わが家の花壇で、これは秋の花といえるのはキクとパイナップルセージのふたつかもしれない。
パイナップルセージは、この季節だけ(10月ごろから11月くらいまで)深紅の花を次から次へと咲かせる。近くの花屋さんに売れ残りをもらったもので、小さなポット苗が大きくなり、30センチの鉢に植えてある。花色は鮮やかだが、花自体は地味で(?)それほど愛着のある花ではなかったが8年ほど、育てていると秋にはこの花がないと・・・・・・という気持ちになるから不思議なものだ。
キクはいろいろなキクがある。花屋さんで買って、花を楽しんだ後、春になり、小枝を切ってさし芽で育てたもの。嵯峨ギクやポットマムなど。

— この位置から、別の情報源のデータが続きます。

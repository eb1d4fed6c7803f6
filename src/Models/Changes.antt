-- ===== src/Models/Changes.antt =====
-- The changes that the manager of src/acabot/runtime/model/model_registry.py offers.
use aca_bot.Prelude.{
  ℕ, String, Bool, true, false, ◌&&◌, ◌||◌, not, List, [], ◌∷◌, Dict, lookup, insert, remove,
  is_some, if◌then◌else◌,
}
use aca_bot.Errors.{Result, ok}
use aca_bot.Models.Registry.{ModelProvider, ModelPreset, ModelBinding}
use aca_bot.Models.Checks.{normalized_preset}
use aca_bot.Models.Impacts.{
  ModelEntityType, provider_entity, preset_entity, binding_entity, ModelImpactSnapshot,
  provider_impact, preset_impact, binding_impact, delete_provider_from_registry,
  delete_preset_from_registry,
}
use aca_bot.Models.Requests.{resolved}
use aca_bot.Models.Manager.{
  still_in_use, write_provider, write_preset, write_binding, delete_files, Disk, Manager, Report,
  ModelAction, upsert_action, delete_action, ModelMutationResult, mutation_result, apply_candidate,
}

abbrev pub make_report :
    ModelAction
    → ModelEntityType
    → String
    → ModelImpactSnapshot
    → (provider_ids preset_ids binding_ids : List String) → Report
make_report action entity_type entity_id impact provider_ids preset_ids binding_ids = record {
  action = action;
  entity_type = entity_type;
  entity_id = entity_id;
  impact = impact;
  cascaded_provider_ids = provider_ids;
  cascaded_preset_ids = preset_ids;
  cascaded_binding_ids = binding_ids;
}

-- The id if it is a key.
unfoldable pub present : {A : Type 0} → String → Dict A → List String
unfolding lookup
present k m = if is_some (lookup k m) then k ∷ [] else []

abbrev pub ids_if : Bool → List String → List String
ids_if force ids = if force then ids else []

abbrev pub some_ids : List String → Bool
some_ids [] = false
some_ids (i ∷ ids) = true

-- The result of a deletion that is refused for what is in use.
unfoldable pub in_use : ModelEntityType → String → ModelImpactSnapshot → ModelMutationResult
unfolding mutation_result
in_use entity_type entity_id impact =
    mutation_result (make_report delete_action entity_type entity_id impact [] [] []) false
      (still_in_use entity_type) resolved

module _ {V F : Type 0} (disk : Disk V F) (now : ℕ) where
  unfoldable pub upsert_provider :
      ModelProvider V → Manager V F → Result ModelMutationResult × Manager V F
  unfolding provider_impact insert
  upsert_provider p m =
      let impact = provider_impact m.active_registry p.provider_id in
      apply_candidate disk now
        (make_report upsert_action provider_entity p.provider_id impact [] [] [])
        (λ r. record r { providers = insert p.provider_id p r.providers }) (write_provider p) m

  -- The check has assigned the fields of the preset before it is written.
  unfoldable pub upsert_preset :
      ModelPreset V → Manager V F → Result ModelMutationResult × Manager V F
  unfolding preset_impact insert normalized_preset
  upsert_preset p m =
      let impact = preset_impact m.active_registry p.preset_id in
      apply_candidate disk now (make_report upsert_action preset_entity p.preset_id impact [] [] [])
        (λ r. record r { presets = insert p.preset_id p r.presets })
        (write_preset (normalized_preset p)) m

  unfoldable pub upsert_binding :
      ModelBinding → Manager V F → Result ModelMutationResult × Manager V F
  unfolding binding_impact insert
  upsert_binding b m =
      let impact = binding_impact m.active_registry b.binding_id in
      apply_candidate disk now
        (make_report upsert_action binding_entity b.binding_id impact [] [] [])
        (λ r. record r { bindings = insert b.binding_id b r.bindings }) (write_binding b) m

  unfoldable pub delete_provider :
      String → (force : Bool) → Manager V F → Result ModelMutationResult × Manager V F
  unfolding provider_impact delete_provider_from_registry
  delete_provider provider_id force m =
      let impact = provider_impact m.active_registry provider_id in
      let preset_ids = ids_if force impact.preset_ids in
      let binding_ids = ids_if force impact.binding_ids in
      if (some_ids impact.preset_ids || some_ids impact.binding_ids) && not force
      then (ok (in_use provider_entity provider_id impact), m)
      else apply_candidate disk now
          (make_report delete_action provider_entity provider_id impact
            (present provider_id m.active_registry.providers) preset_ids binding_ids)
          (delete_provider_from_registry provider_id preset_ids binding_ids)
          (delete_files (provider_id ∷ []) preset_ids binding_ids) m

  unfoldable pub delete_preset :
      String → (force : Bool) → Manager V F → Result ModelMutationResult × Manager V F
  unfolding preset_impact delete_preset_from_registry
  delete_preset preset_id force m =
      let impact = preset_impact m.active_registry preset_id in
      let binding_ids = ids_if force impact.binding_ids in
      if some_ids impact.binding_ids && not force
      then (ok (in_use preset_entity preset_id impact), m)
      else apply_candidate disk now
          (make_report delete_action preset_entity preset_id impact []
            (present preset_id m.active_registry.presets) binding_ids)
          (delete_preset_from_registry preset_id binding_ids)
          (delete_files [] (preset_id ∷ []) binding_ids) m

  unfoldable pub delete_binding : String → Manager V F → Result ModelMutationResult × Manager V F
  unfolding binding_impact remove
  delete_binding binding_id m =
      let impact = binding_impact m.active_registry binding_id in
      apply_candidate disk now
        (make_report delete_action binding_entity binding_id impact [] []
          (present binding_id m.active_registry.bindings))
        (λ r. record r { bindings = remove binding_id r.bindings })
        (delete_files [] [] (binding_id ∷ [])) m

日本小菊のタネを買って、自分でまいて育てたものもある。花壇には黄色い日本小菊が咲いているが、これは何種類か植えた中で唯一、残ったもの。もっときれいな小菊があったのだがいつのまにか消えてしまった。今咲いているキクの花は、それほど丹精をこめていない手入れにもかかわらず、生き残ったもの。だがずっと咲き続けてくれたという気持ちからか、今年の秋は今までの秋より、これらの生き続けたキクたちとパイナップルセージの花がひときわきれいに見える。